Asia, Jerry et Giacomo terminaient leurs poissons grillés pendant que, à la table voisine, les trois hommes de main racontaient à mi-voix leurs faits d’armes devant des entrecôtes fondantes. Costanza s’apprêtait déjà à regagner sa chambre pour boire son infusion devant les nouvelles de CNN ; ne lui restait plus qu’à prendre congé sans que les autres ne se sentent obligés d’en faire autant. La compagnie d’Asia l’avait enchanté ; il s’était senti séducteur et viril quand elle l’avait gratifié de quelques œillades à la dérobée, et il avait oublié, deux heures durant, qu’il était le client, et que le client était roi. Il souhaitait à cette adorable créature de trente ans de moins que lui de trouver sa vraie voie, et de quitter ce job d’escort au bon moment, pour n’en garder que de bons souvenirs. Avant de se lever de table, il ne put s’empêcher de se pencher une dernière fois vers son cou pour sentir son parfum qui, au fil de la soirée, s’était mêlé d’une très délicate âcreté.
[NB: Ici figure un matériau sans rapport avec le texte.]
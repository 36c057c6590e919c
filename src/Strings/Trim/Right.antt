-- ===== src/Strings/Trim/Right.antt =====
-- What `TrimRightInPlace` leaves, and what it takes away.
use warhead_fix.Base.{
  ℕ, zero, suc, ◌-◌, ◌≤◌, ◌<◌, ◌≡◌, refl, sym, ap, ◌∙◌, ◌⊎◌, inl, inr, true, false, List, [], ◌++◌,
  arith, ◌==◌, Bool-cases, length, take, drop, length-take, take-append-drop,
}
use warhead_fix.Base.Texts.{All}
use warhead_fix.Strings.Trim.{is_space, char_at, length_from, trim_right_in_place}
use warhead_fix.Strings.Trim.Outcome.{Space, All-drop, char_at-take}

length_from-lem :
    (s : List ℕ) (n : ℕ)
    → (length_from s n ≤ n)
      × ((length_from s n ≡ 0) ⊎ (is_space (char_at s (length_from s n - 1)) ≡ false))
      × ((j : ℕ) → length_from s n ≤ j → j < n → is_space (char_at s j) ≡ true)
unfolding length_from
length_from-lem s zero = (omega arith, inl refl, λ j low high. absurd (omega (arith, high)))
length_from-lem s (suc n) = elim (Bool-cases (is_space (char_at s n))) [
  | inl space ↦
      let (low, stop, spaces) = length_from-lem s n in
      rw space (omega (arith, low), stop, λ j more less. step spaces space j more less)
  | inr other ↦
      let at_n : is_space (char_at s (suc n - 1)) ≡ is_space (char_at s n) =
        ap (λ k. is_space (char_at s k)) (omega arith) in
      rw other (omega arith, inr (at_n ∙ other), λ j more less. absurd (omega (arith, more, less)))
]
  where
    step :
        ((j : ℕ) → length_from s n ≤ j → j < n → is_space (char_at s j) ≡ true)
        → is_space (char_at s n) ≡ true
        → (j : ℕ) → length_from s n ≤ j
        → j < suc n
        → is_space (char_at s j) ≡ true
    step spaces space j more less = elim (Bool-cases (j == n)) [
      | inl at ↦ let at' : j ≡ n = ground (arith, at) in rw at' space
      | inr away ↦ spaces j more (ground (arith, away, less))
    ]

-- `TrimRightInPlace` takes spaces only, and leaves nothing or a text that ends with no space.
pub trim_right_in_place_lem :
    (str : List ℕ)
    → let kept : List ℕ = trim_right_in_place str in
      (str ≡ kept ++ drop (length kept) str)
      × All Space (drop (length kept) str)
      × ((kept ≡ []) ⊎ (is_space (char_at kept (length kept - 1)) ≡ false))
unfolding trim_right_in_place
trim_right_in_place_lem str =
    let n = length_from str (length str) in
    let (low, stop, spaces) = length_from-lem str (length str) in
    let size : length (take n str) ≡ n = omega (arith, length-take n str, low) in
    rw size (sym (take-append-drop n str), All-drop str n spaces, ends low stop)
  where
    ends :
        length_from str (length str) ≤ length str
        → (length_from str (length str) ≡ 0)
          ⊎ (is_space (char_at str (length_from str (length str) - 1)) ≡ false)
        → (take (length_from str (length str)) str ≡ [])
          ⊎ (is_space (
                char_at
                  (take (length_from str (length str)) str)
                  (length_from str (length str) - 1))
              ≡ false)
    ends low (inl nothing) = inl (rw nothing refl)
    ends low (inr stop) = elim (Bool-cases (length_from str (length str) == 0)) [
      | inl nothing ↦
          let no_length : length_from str (length str) ≡ 0 = ground (arith, nothing) in
          inl (rw no_length refl)
      | inr more ↦ inr (
          ap is_space (
            char_at-take str (length_from str (length str)) (length_from str (length str) - 1)
              (ground (arith, more)))
          ∙ stop)
    ]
Ce moment d’égarement fut si délicieux que Jerry le prolongea de quelques secondes, et sans doute une de trop.

C’était bien le premier geste choquant que Giacomo voyait faire à son nouveau partenaire américain. Avait-il glissé quelque chose à l’oreille de la fille ? Une messe basse ? Une invitation à le rejoindre dans sa chambre ? Combien de fois Giacomo avait-il vu ses associés, au moment des mignardises, s’octroyer les filles comme des prises de guerre et en disposer sur-le-champ ? Ces mœurs ne l’étonnaient plus, et il aurait pu les pratiquer lui-même s’il n’avait pas été le mystérieux Giacomo dont personne ne supposait l’infinie timidité devant les femmes. Lui, le dur à cuire, l’homme qui se nourrissait des vices de son prochain, n’avait pas encore séparé les affaires de cœur et les caprices du corps.

Mais ce soir, il n’avait pas envie d’être le timide Giacomo, comme il n’avait pas envie de voir cette fille étonnante, si différente, si mutine, suivre un Jerry Costanza qui se comportait tout à coup comme un vieux barbon. D’un geste lent mais ferme, il posa la main sur l’avant-bras d’Asia et commanda au serveur trois limoncellos dans des grands verres givrés.

— Un digestif, Jerry ? Ça fait les nuits plus paisibles que la camomille.

Surpris, Jerry précisa qu’il n’en prendrait pas. Giacomo répondit qu’il n’y était pas obligé. Jerry crut saisir un euphémisme qui en disait long sur son impatience à le voir quitter la table.

— Ils prennent des digestifs, dit l’agent Cole, le doigt sur son oreillette.

Tom fronça les sourcils et demanda des détails sur ce très léger changement de programme. Au lieu de regagner sa chambre, Jerry avait décidé en effet de rester un moment pour avoir confirmation de l’effronterie de Giacomo, qui faisait tournoyer son verre avec un air de défiance. Un homme avec lequel il avait conclu un pacte à la manière des anciens, persuadé qu’il était de ceux pour qui la parole donnée suffisait. Jerry s’était-il trompé sur son compte ? Avait-il à ce point vieilli qu’il n’était plus capable de jauger un homme au premier coup d’œil ? Giacomo croisa le regard de son second qui n’avait rien perdu de cette soudaine tension à la table des boss : Costanza a besoin d’une marque de respect.

Giacomo haussa les épaules. Il n’avait pas été irrespectueux, au contraire, il avait accepté les exigences de Jerry pour que l’accord pût se conclure. Que voulait-il de plus ? Qui était-il, après tout, pour qu’on lui embrasse la main comme s’il s’agissait d’un Don ?

— Je ne connais pas bien le Paris de la nuit, j’ai besoin d’un guide, dit Giacomo en direction d’Asia.

En clair : On plante là Costanza et on va boire un verre ailleurs.

— Tu veux déjà nous priver de ta présence, Jack ?

En clair : À cette table tu es mon invité, et je serais très contrarié si tu prenais congé avant moi.